INFORMATION:
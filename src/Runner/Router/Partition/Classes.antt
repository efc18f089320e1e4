-- ===== src/Runner/Router/Partition/Classes.antt =====
-- repogauge/runner/router.py: where _router_split_rows puts the rows, and how many of each label.
use repogauge.Prelude.{
  ℕ, zero, suc, ◌+◌, ◌≤◌, ◌<◌, ◌≡◌, refl, sym, ap, ◌∙◌, inl, inr, Bool, true, false, ◌&&◌, List, [],
  ◌∷◌, arith, nat_eq, if◌then◌else◌, Bool-cases, length, All, count, take, drop,
}
use repogauge.Prelude.Sort.{
  sort_by, count-sort_by, length-sort_by, count-append, count-take-drop, length-take, length-drop,
  All-sort_by, All-take, All-drop, count-All,
}
use repogauge.Runner.Router.Labels.{
  Label, cheap_is_enough, needs_expensive, likely_unsolved, label_eq, labelled, PreparedRow,
}
use repogauge.Runner.Router.Partition.{
  SplitSettings, Partitions, train_size, validation_size, part_sizes, split_before, deal, class_of,
}

-- A class of two rows or more leaves one for training and one for the test.
part_sizes-room :
    (s : SplitSettings) (n : ℕ)
    → 2 ≤ n
    → (1 ≤ (part_sizes s n).0) × ((part_sizes s n).0 + (part_sizes s n).1 < n)
unfolding part_sizes train_size validation_size
part_sizes-room s n h = ground arith

drop-nil : (n : ℕ) → drop {A = PreparedRow} n [] ≡ []
drop-nil zero = refl
drop-nil (suc n) = refl

drop-drop : (a b : ℕ) (xs : List PreparedRow) → drop (a + b) xs ≡ drop b (drop a xs)
drop-drop zero b xs = ap (λ n. drop n xs) (omega arith)
drop-drop (suc a) b [] = drop-nil (suc a + b) ∙ sym (drop-nil b)
drop-drop (suc a) b (x ∷ xs) =
    let e : suc a + b ≡ suc (a + b) = omega arith in rw e (drop-drop a b xs)

-- The rows of the three parts that pass a test.
abbrev pub held : (PreparedRow → Bool) → Partitions → ℕ
held p q = count p q.train + count p q.validation + count p q.test

module _ (s : SplitSettings) (g : List PreparedRow) (q : Partitions) where
  abbrev ordered : List PreparedRow
  ordered = sort_by (split_before s) g

  abbrev sizes : ℕ × ℕ
  sizes = part_sizes s (length ordered)

  pub held-deal : (p : PreparedRow → Bool) → held p (deal s g q) ≡ held p q + count p g
  unfolding deal
  held-deal p = elim (Bool-cases (nat_eq (length ordered) 1)) [
    | inl one ↦
        rw one (omega (arith, count-append p q.train ordered, count-sort_by p (split_before s) g))
    | inr more ↦
        rw (more, drop-drop sizes.0 sizes.1 ordered)
          (omega (
            arith,
            count-append p q.train (take sizes.0 ordered),
            count-append p q.validation (take sizes.1 (drop sizes.0 ordered)),
            count-append p q.test (drop sizes.1 (drop sizes.0 ordered)),
            count-take-drop p sizes.0 ordered,
            count-take-drop p sizes.1 (drop sizes.0 ordered),
            count-sort_by p (split_before s) g,
          ))
  ]

  -- Dealing adds rows to a part and takes none away.
  pub deal-grows :
      (p : PreparedRow → Bool)
      → (count p q.train ≤ count p (deal s g q).train)
        × (count p q.test ≤ count p (deal s g q).test)
  unfolding deal
  deal-grows p = elim (Bool-cases (nat_eq (length ordered) 1)) [
    | inl one ↦ rw one (omega (arith, count-append p q.train ordered))
    | inr more ↦ rw more (
        omega (
          arith,
          count-append p q.train (take sizes.0 ordered),
          count-append p q.test (drop (sizes.0 + sizes.1) ordered),
        ))
  ]

  module _ (p : PreparedRow → Bool) (hs : All (λ row. p row ≡ true) g) where
    ordered_passes : All (λ row. p row ≡ true) ordered
    ordered_passes = All-sort_by (λ row. p row ≡ true) (split_before s) g hs

    -- The sizes of the parts, where the class has two rows or more.
    deal-room :
        2 ≤ length ordered
        → (1 ≤ count p (take sizes.0 ordered)) × (1 ≤ count p (drop (sizes.0 + sizes.1) ordered))
    deal-room h =
        let room = part_sizes-room s (length ordered) h in
        let taken = All-take (λ row. p row ≡ true) sizes.0 ordered ordered_passes in
        let left = All-drop (λ row. p row ≡ true) (sizes.0 + sizes.1) ordered ordered_passes in
        omega (
          arith,
          room.0,
          room.1,
          count-All p (take sizes.0 ordered) taken,
          count-All p (drop (sizes.0 + sizes.1) ordered) left,
          length-take sizes.0 ordered (omega (arith, room.1)),
          length-drop (sizes.0 + sizes.1) ordered,
        )

    pub deal-trains : 1 ≤ length g → 1 ≤ count p (deal s g q).train
    unfolding deal
    deal-trains h = elim (Bool-cases (nat_eq (length ordered) 1)) [
      | inl one ↦ rw one (
          omega (
            arith,
            count-append p q.train ordered,
            count-All p ordered ordered_passes,
            length-sort_by (split_before s) g,
          ))
      | inr more ↦
          let two : 2 ≤ length ordered = ground (arith, length-sort_by (split_before s) g) in
          rw more (omega (arith, (deal-room two).0, count-append p q.train (take sizes.0 ordered)))
    ]

    pub deal-tests : 2 ≤ length g → 1 ≤ count p (deal s g q).test
    unfolding deal
    deal-tests h =
        let two : 2 ≤ length ordered = omega (arith, length-sort_by (split_before s) g) in
        let more : nat_eq (length ordered) 1 ≡ false = ground arith in
        rw more (
          omega
            (arith, (deal-room two).1, count-append p q.test (drop (sizes.0 + sizes.1) ordered)))

-- The rows of a label that a class holds.
count-class_of :
    (p : PreparedRow → Bool) (l : Label) (rows : List PreparedRow)
    → count p (class_of l rows) ≡ count (λ row. label_eq l row.label && p row) rows
unfolding class_of
count-class_of p l [] = refl
count-class_of p l (row ∷ rows) = ground (arith, count-class_of p l rows)

pub length-class_of :
    (l : Label) (rows : List PreparedRow) → length (class_of l rows) ≡ labelled l rows
unfolding class_of
length-class_of l [] = refl
length-class_of l (row ∷ rows) = ground (arith, length-class_of l rows)

one_label :
    (l : Label)
    → (if label_eq cheap_is_enough l then 1 else 0)
        + (if label_eq likely_unsolved l then 1 else 0)
        + (if label_eq needs_expensive l then 1 else 0)
      ≡ 1
one_label cheap_is_enough = refl
one_label needs_expensive = refl
one_label likely_unsolved = refl

-- The three classes hold every row.
pub count-classes :
    (p : PreparedRow → Bool) (rows : List PreparedRow)
    → count p (class_of cheap_is_enough rows)
        + count p (class_of likely_unsolved rows)
        + count p (class_of needs_expensive rows)
      ≡ count p rows
count-classes p [] = unfold class_of in refl
count-classes p (row ∷ rows) =
    rw
      (
        count-class_of p cheap_is_enough (row ∷ rows),
        count-class_of p likely_unsolved (row ∷ rows),
        count-class_of p needs_expensive (row ∷ rows),
      )
      (ground (
        arith,
        one_label row.label,
        count-classes p rows,
        count-class_of p cheap_is_enough rows,
        count-class_of p likely_unsolved rows,
        count-class_of p needs_expensive rows,
      ))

TASK STATEMENT: Within the data above, filter for lines containing the word "elim" and copy each one.

RESULT FOR THIS EXERCISE:
  held-deal p = elim (Bool-cases (nat_eq (length ordered) 1)) [
  deal-grows p = elim (Bool-cases (nat_eq (length ordered) 1)) [
    deal-trains h = elim (Bool-cases (nat_eq (length ordered) 1)) [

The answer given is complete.